Here, we outline scripts for analysis of Madagascar SARS-CoV-2 sequences. We first undertook a broadbrush analysis using a local Nexstrain build, then built on that to construct more sophisticated subsequent analyses in BEAST. To get a local version of Nextstrain's SARS-CoV-2 workflow up and running on your home computer, please see their extremely detailed documentation here.
- After installing a local version of nextstrain, clone the nextstrain SARS-CoV-2 github to your local computer via:
git clone https://github.com/nextstrain/ncov.git
See here for details on installation and setup.
- In terminal, cd into the "ncov" directory. Activate your local nextstrain environment with:
conda activate nexstrain
- For this analysis, we constructed our own SARS-CoV-2 metadata. These curated metadata files are already included in this repository, so feel free to skip to step #4 to proceed unless you want to practice the manual download. We do not include the upstream raw metadata files here due to their large size. If, however, you would like to try, please follow the instructions below:
-
Download all SARS-CoV-2 sequences and metadata from GISAID. Go to "EpiCoV:Downloads", then pick "FASTA" and "metadata". Unzip the metadata and place the metadata .tsv ("allGISAID_metadata_2022_04_01.tsv") and the fasta zip file ("allGISAID_sequences_fasta_2022_04_01.tar.xz") in a new "sequence-prep" subfolder of your ncov clone. We have included this "nextstrain-scripts/sequence-prep" subfolder in this GitHub repo for ease of access to the data -- however, it does not include the initial dataset due to overlarge file size.
-
Now, subselect the sequences you need for analysis, here selecting all sequences from Madagascar, plus a random sampling of sequences from Africa, Europe, and the Globe. You can do this by kicking off the "select-seq.txt" script in the main ncov directory using:
sh -e select-seq.txt
- This file is stored here in the "nextstrain-scripts" subfolder for your convenience. The script included here subselects for 792 Madagascar sequences, which were collected from the beginning of the pandemic through July 18, 2021, and then randomly subselects samples from the other regions within that same period. If re-running this analysis on a later sample subset, edit the "select-seq.txt" file to reflect these new dates. Note that, because the genome files are massive, this script will take a long time to run on your local computer (~6-7 hours on mine).

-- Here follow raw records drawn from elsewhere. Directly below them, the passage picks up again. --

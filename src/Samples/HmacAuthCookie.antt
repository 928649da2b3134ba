-- ===== src/Samples/HmacAuthCookie.antt =====
-- plugins/samples/hmac_authcookie/plugin.cc: requests must carry a cookie that is signed, that
-- belongs to the client's address and that has not expired. The regular expression, Abseil and
-- OpenSSL are parameters. `none` as a result is a null pointer where the code dereferences it; the
-- host of plugins/test gives an empty text for a missing header, which is answered with 403.
pub mod Decision
use service_extensions_sampl.Base.{
  Text, ℕ, Bool, false, not, Option, none, some, List, [], ◌∷◌, ◌++◌, if◌then◌else◌, is_empty,
  codes, text_eq,
}
use service_extensions_sampl.Base.Int.{ℤ, ltb_ℤ}
use service_extensions_sampl.Wasm.{
  request_headers, FilterHeadersStatus, continue, continue_and_end_stream, info,
}
use service_extensions_sampl.Sdk.{Sdk, Act}

pub record Libraries : Type 0 where
  -- Whether the expression for an address compiles, and `FullMatch` with it.
  pub is_compiled : Bool
  pub is_ip : Text → Bool
  pub str_split : Text → ℕ → List Text
  pub str_split_text : Text → Text → List Text
  -- `StrSplit` into a pair, at a separator, and with `MaxSplits('=', 1)`.
  pub split_pair : Text → Text → Text × Text
  pub split_pair_once : Text → ℕ → Text × Text
  pub base64_unescape : Text → Option Text
  pub hmac_sha256 : Text → Text → Text
  pub bytes_to_hex_string : Text → Text
  -- `SimpleAtoi` into an `int64_t`
  pub simple_atoi : Text → Option ℤ

abbrev pub secret_key : Text
secret_key = codes "your_secret_key"

-- `onConfigure`
unfoldable pub on_configure : Libraries → Bool
on_configure lib = lib.is_compiled

module _ (lib : Libraries) where
  -- `isHashTimestampValid`; `now` is the clock in nanoseconds after 1970.
  unfoldable pub is_hash_timestamp_valid : ℕ → Text → Bool
  is_hash_timestamp_valid now expiration_timestamp = elim (lib.simple_atoi expiration_timestamp) [
    | none ↦ false
    | some t ↦ not (ltb_ℤ t now)
  ]

  -- The loop of `getClientIp`.
  unfoldable pub find_ip : List Text → Option Text
  find_ip [] = none
  find_ip (ip ∷ ips) = if lib.is_ip ip then some ip else find_ip ips

  -- The loop of `getAuthorizationCookie`.
  unfoldable pub find_authorization : List Text → Option Text
  find_authorization [] = none
  find_authorization (sp ∷ cookies) =
      let (name, v) = lib.split_pair_once sp b'=' in
      if text_eq name (codes "Authorization") then some v else find_authorization cookies

  -- `parseAuthorizationCookie`
  unfoldable pub parse_authorization_cookie : Text → Option (Text × Text)
  parse_authorization_cookie cookie =
      let (payload, hash) = lib.split_pair cookie (codes ".") in
      if is_empty hash then none else (elim (lib.base64_unescape payload) [
        | none ↦ none
        | some p ↦ elim (lib.base64_unescape hash) [ none ↦ none | some h ↦ some (p, h) ]
      ])

  -- `computeHmacSignature`
  unfoldable pub compute_hmac_signature : Text → Text
  compute_hmac_signature message = lib.bytes_to_hex_string (lib.hmac_sha256 secret_key message)

  module _ {S : Type 0} (sdk : Sdk S) where
    -- A log line, the answer 403 with the line as its text, and `ContinueAndEndStream`.
    abbrev pub forbid : Text → Act S FilterHeadersStatus
    forbid message s = (
      continue_and_end_stream,
      sdk.send_local_response 403 [] (message ++ codes "\n") [] (sdk.log info message s),
    )

    -- The part of `onRequestHeaders` after the cookie is parsed.
    unfoldable pub check_payload : ℕ → Text → Text → Text → Act S FilterHeadersStatus
    check_payload now ip payload hash s =
        let (cookie_ip, expiration) = lib.split_pair payload (codes ",") in
        if not (text_eq (compute_hmac_signature payload) hash)
        then forbid (codes "Access forbidden - invalid HMAC hash.") s
        else if not (text_eq ip cookie_ip)
        then forbid (codes "Access forbidden - invalid client IP.") s
        else if not (is_hash_timestamp_valid now expiration)
        then forbid (codes "Access forbidden - hash expired.") s
        else (continue, s)

    -- The part of `onRequestHeaders` after the address is known.
    unfoldable pub check_cookies : ℕ → Text → Text → Act S FilterHeadersStatus
    check_cookies now ip cookies s =
        elim (find_authorization (lib.str_split_text cookies (codes "; "))) [
          | none ↦ forbid (codes "Access forbidden - missing HMAC cookie.") s
          | some token ↦ elim (parse_authorization_cookie token) [
            | none ↦ forbid (codes "Access forbidden - invalid HMAC cookie.") s
            | some (payload, hash) ↦ check_payload now ip payload hash s
          ]
        ]

    -- `onRequestHeaders`
    unfoldable pub on_request_headers : ℕ → S → Option (FilterHeadersStatus × S)
    on_request_headers now s = elim (sdk.get_header request_headers (codes "X-Forwarded-For") s) [
      | none ↦ none
      | some ips ↦ elim (find_ip (lib.str_split ips b',')) [
        | none ↦ some (forbid (codes "Access forbidden - missing client IP.") s)
        | some ip ↦ elim (sdk.get_header request_headers (codes "Cookie") s) [
          | none ↦ none
          | some cookies ↦ some (check_cookies now ip cookies s)
        ]
      ]
    ]
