-- ===== src/Samples/HmacAuthCookie/Decision.antt =====
-- plugins/samples/hmac_authcookie/plugin.cc: which requests pass.
use service_extensions_sampl.Base.{
  Text, ℕ, ◌≡◌, sym, inl, inr, false, some, arith, Option-cases, codes, text_eq_iff,
}
use service_extensions_sampl.Base.Int.{ℤ, ltb_ℤ}
use service_extensions_sampl.Wasm.{request_headers, continue}
use service_extensions_sampl.Sdk.{Sdk}
use service_extensions_sampl.Samples.HmacAuthCookie.{
  Libraries, is_hash_timestamp_valid, find_ip, find_authorization, parse_authorization_cookie,
  compute_hmac_signature, check_payload, check_cookies, on_request_headers,
}

module _ (lib : Libraries) {S : Type 0} (sdk : Sdk S) where
  -- The cookie of a request is signed for the first address of `X-Forwarded-For`, and its time is
  -- not over.
  pub record IsSignedFor (now : ℕ) (s : S) : Type 0 where
    pub ips : Text
    pub ip : Text
    pub cookies : Text
    pub token : Text
    pub payload : Text
    pub hash : Text
    pub time : ℤ
    pub has_ips : sdk.get_header request_headers (codes "X-Forwarded-For") s ≡ some ips
    pub has_ip : find_ip lib (lib.str_split ips b',') ≡ some ip
    pub has_cookies : sdk.get_header request_headers (codes "Cookie") s ≡ some cookies
    pub has_token : find_authorization lib (lib.str_split_text cookies (codes "; ")) ≡ some token
    pub has_parts : parse_authorization_cookie lib token ≡ some (payload, hash)
    pub is_signed : compute_hmac_signature lib payload ≡ hash
    pub is_own : (lib.split_pair payload (codes ",")).0 ≡ ip
    pub has_time : lib.simple_atoi (lib.split_pair payload (codes ",")).1 ≡ some time
    pub is_fresh : ltb_ℤ time now ≡ false

  payload_passes :
      (now : ℕ) (ip payload hash : Text) (s : S)
      → (check_payload lib sdk now ip payload hash s).0 ≡ continue
      → (time : ℤ) × (compute_hmac_signature lib payload ≡ hash)
        × ((lib.split_pair payload (codes ",")).0 ≡ ip)
        × (lib.simple_atoi (lib.split_pair payload (codes ",")).1 ≡ some time)
        × (ltb_ℤ time now ≡ false)
        × (check_payload lib sdk now ip payload hash s ≡ (continue, s))
  unfolding check_payload is_hash_timestamp_valid
  payload_passes now ip payload hash s h =
      let signed = text_eq_iff (compute_hmac_signature lib payload) hash in
      let own = text_eq_iff ip (lib.split_pair payload (codes ",")).0 in
      elim (Option-cases (lib.simple_atoi (lib.split_pair payload (codes ",")).1)) [
        | inl e ↦ absurd (ground arith)
        | inr (time, e) ↦
            (time, ground (arith, signed), ground (arith, own), e, ground arith, ground arith)
      ]

  passes_only_signed :
      (now : ℕ) (s u : S)
      → on_request_headers lib sdk now s ≡ some (continue, u)
      → IsSignedFor now s × (u ≡ s)
  unfolding on_request_headers check_cookies
  passes_only_signed now s u h =
      elim (Option-cases (sdk.get_header request_headers (codes "X-Forwarded-For") s)) [
        | inl a ↦ absurd (ground arith)
        | inr (ips, a) ↦ elim (Option-cases (find_ip lib (lib.str_split ips b','))) [
          | inl b ↦ absurd (ground arith)
          | inr (ip, b) ↦ elim (Option-cases (sdk.get_header request_headers (codes "Cookie") s)) [
            | inl c ↦ absurd (ground arith)
            | inr (cookies, c) ↦
                elim (Option-cases
                  (find_authorization lib (lib.str_split_text cookies (codes "; ")))) [
                    | inl d ↦ absurd (ground arith)
                    | inr (token, d) ↦ elim (Option-cases (parse_authorization_cookie lib token)) [
                      | inl e ↦ absurd (ground arith)
                      | inr ((payload, hash), e) ↦
                          let (time, signed, own, number, fresh, through) =
                            payload_passes now ip payload hash s (ground arith) in
                          (
                            record {
                              ips = ips;
                              ip = ip;
                              cookies = cookies;
                              token = token;
                              payload = payload;
                              hash = hash;
                              time = time;
                              has_ips = a;
                              has_ip = b;
                              has_cookies = c;
                              has_token = d;
                              has_parts = e;
                              is_signed = signed;
                              is_own = own;
                              has_time = number;
                              is_fresh = fresh;
                            },
                            ground (arith, through),
                          )
                    ]
                  ]
          ]
        ]
      ]

  -- A request passes exactly if its cookie is signed for its address and the clock is not past the
  -- expiration time, which itself still passes; and a request that passes is not changed.
  pub passes_iff_signed :
      (now : ℕ) (s : S)
      → ((u : S)
          → on_request_headers lib sdk now s ≡ some (continue, u)
          → IsSignedFor now s × (u ≡ s))
        × (IsSignedFor now s → on_request_headers lib sdk now s ≡ some (continue, s))
  unfolding on_request_headers check_cookies check_payload is_hash_timestamp_valid
  passes_iff_signed now s = (
    passes_only_signed now s,
    λ a. ground (
      arith,
      (text_eq_iff (compute_hmac_signature lib a.payload) a.hash).1 a.is_signed,
      (text_eq_iff a.ip (lib.split_pair a.payload (codes ",")).0).1 (sym a.is_own),
    ),
  )
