-- ===== src/Samples/HmacAuthToken.antt =====
-- plugins/samples/hmac_authtoken/plugin.cc: the path of a request must carry its own signature.
-- `none` as a result is a missing path, which the code would dereference.
pub mod Stripping
use service_extensions_sampl.Base.{
  Text, not, Option, none, some, [], ◌++◌, if◌then◌else◌, codes, text_eq,
}
use service_extensions_sampl.Wasm.{
  request_headers, FilterHeadersStatus, continue, continue_and_end_stream, info, error,
}
use service_extensions_sampl.Sdk.{Sdk, Act}
use service_extensions_sampl.Urls.{Urls}

pub record Libraries : Type 0 where
  pub hmac_sha256 : Text → Text → Text
  pub bytes_to_hex_string : Text → Text

abbrev pub secret_key : Text
secret_key = codes "your_secret_key"

-- `computeHmacSignature`
unfoldable pub compute_hmac_signature : Libraries → Text → Text
compute_hmac_signature lib message = lib.bytes_to_hex_string (lib.hmac_sha256 secret_key message)

module _ {U : Type 0} (urls : Urls U) (lib : Libraries) {S : Type 0} (sdk : Sdk S) where
  abbrev forbid : Text → Act S FilterHeadersStatus
  forbid message s = (
    continue_and_end_stream,
    sdk.send_local_response 403 [] (message ++ codes "\n") [] (sdk.log info message s),
  )

  -- The part of `onRequestHeaders` after the URL is parsed.
  unfoldable pub check_url : U → Act S FilterHeadersStatus
  check_url url s = elim (urls.find_param url (codes "token")) [
    | none ↦ forbid (codes "Access forbidden - missing token.") s
    | some token ↦
        let path = urls.buffer (urls.erase_found url (codes "token")) in
        if not (text_eq (compute_hmac_signature lib path) token)
        then forbid (codes "Access forbidden - invalid token.") s
        else (continue, (sdk.replace_header request_headers (codes ":path") path s).1)
  ]

  -- `onRequestHeaders`
  unfoldable pub on_request_headers : S → Option (FilterHeadersStatus × S)
  on_request_headers s = elim (sdk.get_header request_headers (codes ":path") s) [
    | none ↦ none
    | some text ↦ elim (urls.parse_relative_ref text) [
      | none ↦ some (
        continue_and_end_stream,
        sdk.send_local_response 400 [] (codes "Error parsing the :path HTTP header.\n") [] (
            sdk.log error (codes "Error parsing the :path HTTP header: " ++ urls.error_message text)
              s),
      )
      | some url ↦ some (check_url url s)
    ]
  ]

- Note that the original GISAID downloads and most of the interim metadata .tsv and sequence .fasta files are too large for uploading to GitHub. However, the final results of this curation ("subsampled_metadata_gisaid_edit.tsv" and "subsampled_sequences_gisaid.fasta") ready for input into the nextstrain build are included in the "nexstrain-scripts/sequence-prep" subfolder.

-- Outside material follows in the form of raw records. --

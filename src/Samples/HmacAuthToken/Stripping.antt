-- ===== src/Samples/HmacAuthToken/Stripping.antt =====
-- plugins/samples/hmac_authtoken/plugin.cc: what goes on in place of a signed path.
use service_extensions_sampl.Base.{
  Text, ◌≡◌, refl, ap, ◌∙◌, inl, inr, Bool, some, arith, if◌then◌else◌, Option-cases, codes,
  text_eq_iff,
}
use service_extensions_sampl.Wasm.{HeaderMapType, request_headers, continue}
use service_extensions_sampl.Sdk.{Sdk, IsLawful}
use service_extensions_sampl.Urls.{Urls}
use service_extensions_sampl.Samples.HmacAuthToken.{
  Libraries, compute_hmac_signature, check_url, on_request_headers,
}

-- On a host that keeps its laws: if a request passes, the next plugin reads a path without the
-- token, the token was the signature of exactly that path, and all other headers stay.
pub passed_path_is_signed :
    {U : Type 0} (urls : Urls U) (lib : Libraries) {S : Type 0} (sdk : Sdk S)
    (same : Text → Text → Bool) (Open : HeaderMapType → S → Type 0)
    → IsLawful sdk same Open
    → (s u : S) → Open request_headers s
    → on_request_headers urls lib sdk s ≡ some (continue, u)
    → (text : Text) × (link : U) × (path : Text) × (sdk.get_header request_headers (codes ":path") s
        ≡ some text)
      × (urls.parse_relative_ref text ≡ some link)
      × (path ≡ urls.buffer (urls.erase_found link (codes "token")))
      × (urls.find_param link (codes "token") ≡ some (compute_hmac_signature lib path))
      × ((j : Text)
          → sdk.get_header request_headers j u
            ≡ (if same j (codes ":path") then some path else sdk.get_header request_headers j s))
unfolding on_request_headers check_url
passed_path_is_signed urls lib sdk same Open laws s u opened h =
    elim (Option-cases (sdk.get_header request_headers (codes ":path") s)) [
      | inl a ↦ absurd (ground arith)
      | inr (text, a) ↦ elim (Option-cases (urls.parse_relative_ref text)) [
        | inl b ↦ absurd (ground arith)
        | inr (link, b) ↦ elim (Option-cases (urls.find_param link (codes "token"))) [
          | inl c ↦ absurd (ground arith)
          | inr (token, c) ↦
              let path = urls.buffer (urls.erase_found link (codes "token")) in
              let signed = text_eq_iff (compute_hmac_signature lib path) token in
              let next = (sdk.replace_header request_headers (codes ":path") path s).1 in
              (
                text,
                link,
                path,
                a,
                b,
                refl,
                ground (arith, signed),
                λ j.
                    ap (sdk.get_header request_headers j) (let e : u ≡ next = ground arith in e)
                    ∙ laws.get-replace request_headers j (codes ":path") path s opened,
              )
        ]
      ]
    ]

- Once the sequences have been selected for analysis, it is time to clean the metadata a little to improve the location identification for the Madagascar sequences, based on our more advanced understanding of the Madagascar landscape in which they were collected. For this step, run the Rscript "doc-seq.R" within the "nextstrain-scripts/sequence-prep" subfolder to produce an edited metadata file. (This script references another dataset "full_meta_madagascar.tsv" which is included here).
-
Copy your subselected sequence file ("nextstrain-scripts/sequence-prep/subsampled_sequences_gisaid.fasta") and edited metadata file ("nextstrain-scripts/sequence-prep/subsampled_metadata_gisaid_edit.tsv") to the "data" subfolder of your local "ncov" repo and set up your nexstrain build.
-
Copy the two files from the "default-edits" subfolder of the nextstrain-scripts folder into the "defaults" folder in the ncov repo. These will be "color_ordering.tsv" and "lat_longs.tsv".
-
We include the the source files for the Madagascar Nextstrain build in this repo under "nextstrain-scripts/builds/Madagascar" for ease of viewing here. To run the build, copy the "Madagascar" folder stored here in the "nexstrain-scripts/builds" subfolder into the "my_profiles" subfolder of your local 'ncov' repo. Visit the Nextstrain website here for details on how to edit the specifications of this build.
-
Then, within the your local ncov main repository, kick off your build with the following command line command:
snakemake --profile my_profiles/Madagascar -p
-
Once complete (it will take a few hours to build), it will produce an "auspice" folder within ncov, which we include here (slightly edited ad-hoc to make clade_membership the default coloring scheme). This folder powers the genome visualization linked below.
-
Visualize the output in auspice at: https://nextstrain.org/community/brooklabteam/ncov-Madagascar
-
Once you've completed the Nextstrain build, go to the ncov-Madagascar-analysis repo for additional analyses.